Your solution will also be timed. If you have implemented the threading correctly you should expect to see quite a bit of speed-up when the machine you are using has multiple processors. For example, on my laptop
my_matrix_multiply -a a1000.txt -b b1000.txt -t 1completes in 8.8 seconds when a1000.txt and b1000.txt are both 1000 x 1000 matracies. When I run
my_matrix_multiply -a a1000.txt -b b1000.txt -t 2the time drops to 4.9 seconds (where both of these times come from the "real" number in the Linux time command).
Note this method of timing includes the time necessary to read in both A and B matrix files. For smaller products, this I/O time may dominate the total execution time. So that you can time the matrix multiply itself during development, I've provided a C function that returns Linux epoch as a double (including fractions of a second). This function is available from http://www.cs.ucsb.edu/~rich/class/cs170/labs/mmult/c-timer.c You are free to use it during development to time different parts of your implementation. For example, using this timing code, the same execution as shown above completes in 7.9 seconds with one thread, and 4.1 seconds with two threads. Thus the I/O (and any argument parsing, etc.) takes approximately 0.8 seconds for the two input matracies.

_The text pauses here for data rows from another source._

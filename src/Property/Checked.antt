-- ===== src/Property/Checked.antt =====
-- property/service.go: which definitions are accepted, and what a taken name is answered with.
use spec_powers.Prelude.{
  ℕ, String, ◌≡◌, refl, sym, ◌∙◌, true, false, not, ◌&&◌, List, [], ◌∷◌, any, All, str_eq,
  str_eq_comm, is_blank, arith, Bool-cases, inl, inr, ◌⊎◌, subst, all, ◌==◌, codes,
}
use spec_powers.Api.{Result, AppError, ok, err, err_internal, >>=-ok}
use spec_powers.Workflow.Tasks.{trim}
use spec_powers.Property.Values.{
  DefinitionInput, IssuePropertyValue, is_among, check_options, none_given, has_options,
  valid_types, validate_definition,
}
use spec_powers.Property.Service.{create_definition, create_in, require_project_role}
use spec_powers.Property.Postgres.{
  PropertyDb, Others, create_property, list_properties, pg_properties,
}

abbrev pub Distinct : List String → Type 0
Distinct [] = Unit
Distinct (o ∷ options) = (is_among o options ≡ false) × Distinct options

not-among :
    (o : String) (options seen : List String)
    → All (λ x. is_among x (o ∷ seen) ≡ false) options
    → is_among o options ≡ false
not-among o [] seen hs = refl
not-among o (x ∷ options) seen (h, hs) =
    ground (arith, h, str_eq_comm x o, not-among o options seen hs)

fewer :
    (o : String) (options seen : List String)
    → All (λ x. is_among x (o ∷ seen) ≡ false) options
    → All (λ x. is_among x seen ≡ false) options
fewer o [] seen hs = tt
fewer o (x ∷ options) seen (h, hs) = (ground (arith, h), fewer o options seen hs)

check_options-Distinct :
    (seen options : List String)
    → check_options seen options ≡ ok tt
    → All (λ o. is_blank o ≡ false) options
      × All (λ o. is_among o seen ≡ false) options
      × Distinct options
unfolding check_options
check_options-Distinct seen [] h = (tt, tt, tt)
check_options-Distinct seen (o ∷ options) h = elim (Bool-cases (is_blank o)) [
  | inl e ↦ absurd (ground (arith, rw e at h))
  | inr e ↦ elim (Bool-cases (is_among o seen)) [
    | inl f ↦ absurd (ground (arith, rw (e, f) at h))
    | inr f ↦
        let (blank, apart, rest) = check_options-Distinct (o ∷ seen) options (rw (e, f) at h) in
        ((e, blank), (f, fewer o options seen apart), (not-among o options seen apart, rest))
  ]
]

-- Options are given exactly for the select types: distinct ones, and none of them blank.
abbrev pub IsProper : DefinitionInput → Type 0
IsProper u =
    (str_eq u.name "" ≡ false)
    × (valid_types u.type ≡ true)
    × (has_options u.type ≡ not (none_given u.options))
    × All (λ o. is_blank o ≡ false) u.options
    × Distinct u.options

Result-cases : (r : Result (Unit {0})) → (r ≡ ok tt) ⊎ ((e : AppError) × (r ≡ err e))
Result-cases (ok u) = inl refl
Result-cases (err e) = inr (e, refl)

-- A definition that is accepted has a name, which is the given one without the white space around it,
-- one of the six types, and options exactly if the type is one of the two select types; the options
-- are distinct, and none is blank. Type and options are the given ones.
pub validate_definition-IsProper :
    (u out : DefinitionInput)
    → validate_definition u ≡ ok out
    → (out ≡ record u { name = trim u.name }) × IsProper out
unfolding validate_definition
validate_definition-IsProper u out h = elim (Bool-cases (str_eq (trim u.name) "")) [
  | inl e ↦ absurd (ground (arith, rw e at h))
  | inr e ↦ elim (Bool-cases (valid_types u.type)) [
    | inr f ↦ absurd (ground (arith, rw (e, f) at h))
    | inl f ↦ elim (Bool-cases (has_options u.type)) [
      | inl g ↦ elim (Result-cases (check_options [] u.options)) [
        | inr (x, k) ↦ absurd (ground (arith, rw (e, f, g, k) at h))
        | inl k ↦ elim (Bool-cases (none_given u.options)) [
          | inl l ↦ absurd (ground (arith, rw (e, f, g, k, l) at h))
          | inr l ↦
              let same : record u { name = trim u.name } ≡ out = cc (rw (e, f, g, k, l) at h) in
              let (blank, _, apart) = check_options-Distinct [] u.options k in
              (sym same, subst IsProper same (e, f, rw (g, l) refl, blank, apart))
        ]
      ]
      | inr g ↦ elim (Bool-cases (none_given u.options)) [
        | inr l ↦ absurd (ground (arith, rw (e, f, g, l) at h))
        | inl l ↦
            let same : record u { name = trim u.name } ≡ out = cc (rw (e, f, g, l) at h) in
            (
              sym same,
              (let (blank, apart) = no_options u.options l in
                  subst IsProper same (e, f, rw (g, l) refl, blank, apart)),
            )
      ]
    ]
  ]
]
  where
    no_options :
        (l : List String) → none_given l ≡ true → All (λ o. is_blank o ≡ false) l × Distinct l
    no_options [] e = (tt, tt)
    no_options (o ∷ l) e = absurd (ground (arith, e))

module _ (new_id : ℕ → String) (ordered : List IssuePropertyValue → List IssuePropertyValue)
    (o : Others) where
  create_in-taken :
      (project : String) (u input : DefinitionInput) (d : PropertyDb)
      → validate_definition u ≡ ok input
      → any (λ x. str_eq x.project_id project && str_eq x.name input.name) d.definitions ≡ true
      → create_in (pg_properties new_id ordered o) project u d
        ≡ (err (err_internal "create property definition failed"), d)
  unfolding create_in create_property list_properties
  create_in-taken project u input d valid taken =
      elim (Bool-cases (not (all (λ c. c == 32) (codes input.name)) && valid_types input.type)) [
        | inl e ↦ rw (valid, taken, e) refl
        | inr e ↦ rw (valid, taken, e) refl
      ]

  -- A name that is taken is never answered with a conflict: an owner who creates a definition that is
  -- accepted, with a name that the project has, gets an internal error, and nothing is written.
  pub create_definition-taken :
      (user project : String) (u input : DefinitionInput) (d : PropertyDb)
      → require_project_role (pg_properties new_id ordered o) user project "owner" d ≡ (ok tt, d)
      → validate_definition u ≡ ok input
      → any (λ x. str_eq x.project_id project && str_eq x.name input.name) d.definitions ≡ true
      → create_definition (pg_properties new_id ordered o) user project u d
        ≡ (err (err_internal "create property definition failed"), d)
  unfolding create_definition
  create_definition-taken user project u input d role valid taken =
      >>=-ok (require_project_role (pg_properties new_id ordered o) user project "owner")
        (λ _. create_in (pg_properties new_id ordered o) project u) d d tt role
      ∙ create_in-taken project u input d valid taken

Please test your code thoroughly. For example, do not assume that it will always be called using square matracies, or matracies that result in a defined product. You should print a suitable error message and have your program exit if the product is undefined or if the input matrix files do not conform to the format specified. Handling error cases is part of the assignment so please make sure you code does so.
No extra credit will be given for a solution that does rectangualr partitioning but does not conform to the prototype shown above for row-wise partitioning only. That is, do not implement rectangular partitioning and then turn in a solution that sets the column partitioning to use no threads unless your full credit solution meets the criteria described in the section above on Full Credit. If in doubt please speak to the TAs or the instructor for clarification.